# -같아선



## wonlon

What does -같아선 mean?

It is from my textbook, but the book explains it too briefly and I also can't find a satisfactory explanation from the web and there is no entry for this structure in my grammar reference books, too.

Some Japanese sources say it means* では* ("~according to")(actually my Japanese is not so good), but the structure of *같아선 *doesn't seem match this.

Would you also explain this structure?
And also briefing translating the "나:" sentences (from my book) with *같아선*? 

**
1.
가: 회사 형편이 어려워서 이번 달에 월급도 못 받았다면서요?
나: 네, 이번 달 *같아선 *다른 직장으로 옮기고 싶어요.

2.
가: 날씨가 더우니까 짜증만 나요.
나: 네, 요즘 *같아선* 시원한 바다로 피서라도 갔으면 좋겠지요?

3. 
가: 집값이 너무 올라서 언제면 집을 살 수 있겠는지 걱정이에요.
나: 지금 *같아선* 집을 살 수 있을 것 같지 않아요.

4.
가: 일단 취직부터 하고 기회가 생기면 유학을 가는 게 어때요?
나: 정말 생각 *같아선* 그리 하고 싶습니다만 기회라는 건 어디 쉽게 얻어지나요?

**

정말 감사합니다!


----------



## 조금만

We await the native speakers, but I've always taken this just to be 같아서 (i.e. a form of the familiar  같다, to be like, to resemble etc.) plus the (here more or less fossilized) topic marker. But my assumption may be quite wrong.    I can't recall actually encountering it "in the wild" except from in the phrase 마음 같아선, which is an adverbial expression meaning to do something "in the way one thinks best" or "the way that feels right to one personally" or "the way that suits one's inclination", according to context.   More generally, "X 같아선" would mean "In the manner that resembles X", whoever or whatever X may be. But in most of your examples, it looks like to me like just a slightly fancy way of saying "like" or "similar to"


----------



## Superhero1

Helloo wonlon

Looking at your examples 1,2,3, we can find the similarity among them that there is a noun for time before 같아선.(이번달 this month, 요즘 these days, 지금 now: in English, they are adverbial word but in Korean, they are nouns.)  In this case, it has the meaning of 'if the undesirable circumstances continue', showing one's desire for its not continuing any more, and the following sentence would denote one's desire or the negative situation[consequences]. We can furthermore presume the speaker feels helpless against the given situation. 

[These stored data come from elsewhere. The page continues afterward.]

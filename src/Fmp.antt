-- ===== src/Fmp.antt =====
-- The FMP link-layer frames of crates/fips-fmp/src/lib.rs: the constants, the common prefix and the
-- message type. The feature `noise-xx` chooses the wire, and with it the version.
pub mod Build
pub mod Parse
pub mod Header
pub mod Prefix
pub mod Total
pub mod RoundTrip
pub mod Views
pub mod Probe
pub mod Sound
mod Tests
use microfips.Base.{ℕ, ◌+◌, ◌*◌, ◌/◌, ◌%◌, bit_and, bit_or, List, [], ◌∷◌, length, ltb, ◌!=◌}
use microfips.Base.{if◌then◌else◌}
use microfips.Bytes.{from_le}
use microfips.Exec.{Exec, ok, err, Absent, absent, index, ◌>>=◌}

-- The wire: Noise IK and XK by default, Noise XX under the feature `noise-xx`.
pub data Wire : Type 0 where
  ik xx : Wire

abbrev pub fmp_version : Wire → ℕ
fmp_version ik = 0
fmp_version xx = 1

abbrev pub common_prefix_size : ℕ
common_prefix_size = 4

abbrev pub idx_size : ℕ
idx_size = 4

abbrev pub established_header_size : ℕ
established_header_size = 16

abbrev pub inner_header_size : ℕ
inner_header_size = 5

abbrev pub phase_established : ℕ
phase_established = 0

abbrev pub phase_msg1 : ℕ
phase_msg1 = 1

abbrev pub phase_msg2 : ℕ
phase_msg2 = 2

abbrev pub phase_msg3 : ℕ
phase_msg3 = 3

-- `FmpMessage`; a session index is its `u32`.
pub data FmpMessage : Type 0 where
  msg1 : (sender_idx : ℕ) (noise_payload : List ℕ) → FmpMessage
  msg2 : (sender_idx receiver_idx : ℕ) (noise_payload : List ℕ) → FmpMessage
  msg3 : (sender_idx receiver_idx : ℕ) (noise_payload : List ℕ) → FmpMessage
  established : (receiver_idx counter : ℕ) (encrypted : List ℕ) → FmpMessage

-- `CommonPrefix::ver_phase_byte`, on `u8`
unfoldable pub ver_phase_byte : ℕ → ℕ → ℕ
ver_phase_byte version phase = bit_or (version * 16 % 256) (bit_and phase 0x0f)

unfoldable pub build_prefix : Wire → ℕ → ℕ → ℕ → List ℕ
unfolding ver_phase_byte
build_prefix wire phase flags payload_len =
    ver_phase_byte (fmp_version wire) phase
    ∷ flags
    ∷ payload_len % 256
    ∷ payload_len / 256 % 256
    ∷ []

pub record CommonPrefix : Type 0 where
  pub version : ℕ
  pub phase : ℕ
  pub flags : ℕ
  pub payload_len : ℕ

-- `CommonPrefix::parse`
unfoldable pub parse_common_prefix : List ℕ → Exec Absent CommonPrefix
parse_common_prefix buf = if ltb (length buf) common_prefix_size then err absent else (do
  ver_phase ← index buf 0
  flags ← index buf 1
  low ← index buf 2
  high ← index buf 3
  ok (record {
    version = ver_phase / 16;
    phase = bit_and ver_phase 0x0f;
    flags = flags;
    payload_len = from_le (low ∷ high ∷ []);
  }))

-- `parse_prefix`: phase, flags and payload length, of a frame of this version.
unfoldable pub parse_prefix : Wire → List ℕ → Exec Absent (ℕ × ℕ × ℕ)
parse_prefix wire buf = if ltb (length buf) common_prefix_size then err absent else (do
  ver_phase ← index buf 0
  flags ← index buf 1
  low ← index buf 2
  high ← index buf 3
  if ver_phase / 16 != fmp_version wire
      then err absent
      else ok (bit_and ver_phase 0x0f, flags, from_le (low ∷ high ∷ [])))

In example 4, I think Mr.조금만 explained very well. To directly translate those expression through my clumsy English, I think 'considering only within my mind[thinking], not any circumstances at all' but can't vouch for its suitability in English.


----------



## wonlon

Thank you 조금만 and Superhero1.
I think I will take this expression as: if it is like X / in a situation like X, (then...).
where the speaker sets up a condition/prerequisite and in the following clause presumes a action that s/he will take.


----------